Thread: Rofl where did I go wrong ? Need Help Plz !

up readup on the usage of printf: it should be

Code:

printf("%f\n",A[i][j]);

cant remember if its %f or somethin else but just have a quick read and you'll be able to find it all, I know float is %f
printf(A[i][j]"\t");
actually thats not the only problem, you are accessing **** too high proram should be somethin like:

Code:

void main(void) 
{ 
  int i,j; 
  double x,y; 
  double A[2][3]; 
  for(i=0;i<2;i++) 
  { 
    for(j=0;j<3;j++) 
    { 
      A[i][j] = 10; 
      printf(A[i][j]"\t"); 
    } 
    printf("\n") 
  } 
  getch(); 
}

because doing:
double A[2][3]; means using index's:
A[0][0];
A[0][1];
A[0][2];
A[1][0];
A[1][1];
A[1][2];

double A[2][3]; means using index's:
A[0][0];
A[0][1];
A[0][2];
A[1][0];
A[1][1];
A[1][2];

I though this would have an array of 3x4 what your saying is my array is now 2x3 ?

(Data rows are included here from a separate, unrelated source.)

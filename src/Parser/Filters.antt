-- ===== src/Parser/Filters.antt =====
-- The filters that internal/semantic/parser.go adds to a query. Confidences are in hundredths.
use permission_aware_search.Common.{
  ◌==◌, if◌then◌else◌, keep, ℕ, ◌+◌, String, Bool, false, not, ◌&&◌, ◌||◌, Option, none, some, List,
  [], ◌∷◌, ◌++◌,
}
use permission_aware_search.Strings.{◌+++◌, trim_space, equal_fold, contains}
use permission_aware_search.Json.{num, str}
use permission_aware_search.Json.Sprint.{sprint}
use permission_aware_search.Schema.{EnumRoleMapping}
use permission_aware_search.Schema.Registry.{get_enum_roles_by_prefix, Registry}
use permission_aware_search.Store.{Filter}
use permission_aware_search.Semantic.{SemanticSlots}
use permission_aware_search.Parser.Lookups.{enum_role_value, enum_role_field}
use permission_aware_search.Parser.Patterns.{
  extract_customer_number, extract_phone, extract_email, customer_id_from_customer_number,
}

-- what the functions below change: the filters of the query, the confidence and the evidence
pub record Draft : Type 0 where
  pub filters : List Filter
  pub confidence : ℕ
  pub evidence : List String

abbrev pub a_filter : String → String → String → Filter
a_filter name op v = record { field = name; op = op; value = str v }

abbrev pub add : Filter → Draft → Draft
add f d = record d { filters = d.filters ++ f ∷ [] }

abbrev pub tell : String → ℕ → Draft → Draft
tell why more d = record d { confidence = d.confidence + more; evidence = d.evidence ++ why ∷ [] }

abbrev pub step : Bool → (Draft → Draft) → Draft → Draft
step test change d = if test then change d else d

-- `hasStateNegation`
unfoldable pub has_state_negation : List Filter → String → String → Bool
unfolding equal_fold trim_space sprint
has_state_negation [] name state = false
has_state_negation (f ∷ filters) name state =
    (f.field == name && equal_fold f.op "neq" && equal_fold (trim_space (sprint f.value)) state)
    || has_state_negation filters name state

abbrev pub denied_by_default : List (String × String)
denied_by_default =
    ("shipment.state", "Shipped")
    ∷ ("shipment.state", "Delivered")
    ∷ ("shipment.state", "Ready")
    ∷ []

abbrev pub role_states : List EnumRoleMapping → List (String × String)
role_states [] = []
role_states (m ∷ roles) = (m.field, m.value) ∷ role_states roles

abbrev pub or_default : List (String × String) → List (String × String)
or_default [] = denied_by_default
or_default (d ∷ denied) = d ∷ denied

-- the states that `applyNotShippedFilters` denies
unfoldable pub denied_states : Option Registry → List (String × String)
unfolding get_enum_roles_by_prefix
denied_states none = denied_by_default
denied_states (some reg) =
    or_default (role_states (get_enum_roles_by_prefix reg "shipment.not_shipped_deny."))

abbrev pub deny_state : String × String → List Filter → List Filter
deny_state d filters =
    if has_state_negation filters d.0 d.1 then filters else filters ++ a_filter d.0 "neq" d.1 ∷ []

-- the loop of `applyNotShippedFilters`
unfoldable pub deny_states : List (String × String) → List Filter → List Filter
unfolding has_state_negation
deny_states [] filters = filters
deny_states (d ∷ denied) filters = deny_states denied (deny_state d filters)

-- `applyNotShippedFilters`
unfoldable pub apply_not_shipped_filters : Option Registry → List Filter → List Filter
unfolding denied_states deny_states
apply_not_shipped_filters reg filters = deny_states (denied_states reg) filters

-- `removePaymentStateFilters`
unfoldable pub remove_payment_state_filters : List Filter → List Filter
remove_payment_state_filters filters = keep (λ f. not (f.field == "payment.state")) filters

-- `removeShipmentStateFilters`
unfoldable pub remove_shipment_state_filters : List Filter → List Filter
remove_shipment_state_filters filters = keep (λ f. not (f.field == "shipment.state")) filters

-- a filter on the field of a role
abbrev pub role_filter : Option Registry → String → String → String → String → Filter
role_filter reg role fallback op v = a_filter (enum_role_field reg role fallback) op v

-- the shipment part of `fillWISMOFilters`
unfoldable pub fill_shipment : Option Registry → SemanticSlots → Draft → Draft
unfolding enum_role_value enum_role_field apply_not_shipped_filters
fill_shipment reg slots d =
    let shipped = enum_role_value reg "shipment.shipped_state" "Shipped" in
    if slots.has_shipment_negate
    then tell "shipment_state:NOT_ShippedOrDeliveredOrReady" 12
        (record d { filters = apply_not_shipped_filters reg d.filters })
    else step (slots.shipment_state == shipped)
        (λ d.
          tell ("shipment_state:" +++ shipped) 12
            (add (role_filter reg "shipment.shipped_state" "shipment.state" "eq" shipped) d))
        d

unfoldable pub tell_tracking : String → Draft → Draft
unfolding contains
tell_tracking lower = step (contains lower "tracking") (tell "wismo:tracking" 12)

unfoldable pub fill_open_state : Option Registry → SemanticSlots → Draft → Draft
unfolding enum_role_value enum_role_field
fill_open_state reg slots =
    let open' = enum_role_value reg "order.open_state" "Open" in
    step (slots.order_state == open') λ d.
      tell ("order_state:" +++ open' +++ " (open_state_cue)") 14
        (add (role_filter reg "order.open_state" "order.state" "eq" open') d)

unfoldable pub fill_delayed : Option Registry → String → Draft → Draft
unfolding enum_role_value enum_role_field contains
fill_delayed reg lower =
    let delayed = enum_role_value reg "shipment.delayed_state" "Delayed" in
    step (contains lower "delay" || contains lower "delayed") λ d.
      tell ("shipment_state:" +++ delayed) 12
        (add (role_filter reg "shipment.delayed_state" "shipment.state" "eq" delayed) d)

unfoldable pub fill_payment : Option Registry → SemanticSlots → Draft → Draft
unfolding enum_role_field
fill_payment reg slots =
    step (not (slots.payment_state == "") && not slots.has_payment_conflict) λ d.
      tell ("payment_state:" +++ slots.payment_state) 12
        (add (role_filter reg "payment.failed_state" "payment.state" "eq" slots.payment_state) d)

unfoldable pub tell_courier : String → Draft → Draft
unfolding contains
tell_courier lower = step (contains lower "courier") (tell "logistics:courier" 8)

unfoldable pub tell_fulfillment : String → Draft → Draft
unfolding contains
tell_fulfillment lower = step (contains lower "fulfillment") (tell "fulfillment:investigation" 8)

-- `fillWISMOFilters`
unfoldable pub fill_wismo_filters : Option Registry → String → SemanticSlots → Draft → Draft
unfolding tell_tracking fill_open_state fill_shipment fill_delayed fill_payment tell_courier
    tell_fulfillment
fill_wismo_filters reg lower slots d =
    let opened = fill_open_state reg slots (tell_tracking lower d) in
    let shipped = fill_delayed reg lower (fill_shipment reg slots opened) in
    tell_fulfillment lower (tell_courier lower (fill_payment reg slots shipped))

unfoldable pub fill_email : String → String → Draft → Draft
unfolding extract_email
fill_email lower resource_type =
    let email = extract_email lower in
    step (not (email == "")) λ d.
      if resource_type == "order"
      then tell "order_customer_email_lookup" 22
          (add (a_filter "order.customer_email" "eq" email) d)
      else tell "customer_email_lookup" 22 (add (a_filter "customer.email" "eq" email) d)

unfoldable pub fill_customer_number : String → String → Draft → Draft
unfolding extract_customer_number customer_id_from_customer_number
fill_customer_number lower resource_type =
    let cnum = extract_customer_number lower in
    let id = customer_id_from_customer_number cnum in
    step (not (cnum == "")) λ d.
      if resource_type == "customer"
      then tell "customer_number_lookup" 20 (add (a_filter "customer.number" "eq" cnum) d)
      else if not (id == "")
      then tell "order_customer_id_from_customer_number" 20
          (add (a_filter "order.customer_id" "eq" id) d)
      else tell "customer_number_context" 8 d

unfoldable pub tell_phone : String → Draft → Draft
unfolding extract_phone
tell_phone lower = step (not (extract_phone lower == "")) (tell "phone_lookup_context" 10)

-- `fillCustomerScopeFilters`
unfoldable pub fill_customer_scope_filters : String → String → Draft → Draft
unfolding fill_email fill_customer_number tell_phone
fill_customer_scope_filters lower resource_type d =
    tell_phone lower (fill_customer_number lower resource_type (fill_email lower resource_type d))

unfoldable pub fill_vip : Option Registry → String → Draft → Draft
unfolding enum_role_value enum_role_field contains
fill_vip reg lower =
    let base = enum_role_value reg "customer.vip_base_tier" "silver" in
    step (contains lower "vip" || contains lower "loyalty") λ d.
      tell "vip_profile_filter" 12
        (add (role_filter reg "customer.vip_base_tier" "customer.vip_tier" "neq" base) d)

unfoldable pub fill_verified : String → Draft → Draft
unfolding contains
fill_verified lower = step (contains lower "verified") λ d.
    tell "email_verified_filter" 10
      (add (record { field = "customer.is_email_verified"; op = "eq"; value = num "1" }) d)

-- `fillCRMFilters`
unfoldable pub fill_crm_filters : Option Registry → String → String → Draft → Draft
unfolding fill_customer_scope_filters fill_vip fill_verified
fill_crm_filters reg lower resource_type d =
    fill_verified lower (fill_vip reg lower (fill_customer_scope_filters lower resource_type d))

unfoldable pub fill_eligible : Option Registry → String → Draft → Draft
unfolding enum_role_value enum_role_field contains
fill_eligible reg lower =
    let eligible = enum_role_value reg "return.eligible_true" "true" in
    step (contains lower "eligible") λ d.
      tell ("return_eligible:" +++ eligible) 14
        (add (role_filter reg "return.eligible_true" "return.eligible" "eq" eligible) d)

unfoldable pub fill_refund : Option Registry → String → Draft → Draft
unfolding enum_role_value enum_role_field contains
fill_refund reg lower =
    let not_initiated = enum_role_value reg "refund.not_initiated_state" "NotInitiated" in
    step (contains lower "refund") λ d.
      tell "refund_status_non_default" 12
        (add (role_filter reg "refund.not_initiated_state" "refund.status" "neq" not_initiated) d)

unfoldable pub fill_return : Option Registry → String → Draft → Draft
unfolding enum_role_value enum_role_field contains
fill_return reg lower =
    let not_requested = enum_role_value reg "return.not_requested_state" "NotRequested" in
    step (contains lower "return") λ d.
      tell "return_status_non_default" 12
        (add (role_filter reg "return.not_requested_state" "return.status" "neq" not_requested) d)

-- `fillReturnsFilters`
unfoldable pub fill_returns_filters : Option Registry → String → Draft → Draft
unfolding fill_eligible fill_refund fill_return
fill_returns_filters reg lower d =
    fill_return reg lower (fill_refund reg lower (fill_eligible reg lower d))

When you declare an array like such..

Code:

double A[2][3];

you are declaring an array that has 2 X 3 elements, however when you index those elements it will be indexed as such:

Code:

A[0][0]
A[0][1]
A[0][2]
A[1][0]
A[1][1]
A[1][2]

the numbers you specify when declaring the array is the exact number you can use so as you have
double A[2][3];
it means you have 2 rows, and 3 colums or 6 cells, now when you want to access a cell you get it and minus 1, so if you want to manipulate the first cell you would have:

Code:

A[0][0] = whatever;

may take a little to get used to it but you'll pick it up pretty easy, become second nature soon.

Originally posted by Halo
double A[2][3]; means using index's:
A[0][0];
A[0][1];
A[0][2];
A[1][0];
A[1][1];
A[1][2];

I though this would have an array of 3x4 what your saying is my array is now 2x3 ?

Huh? Are you a Visual Basic programmer or something like that?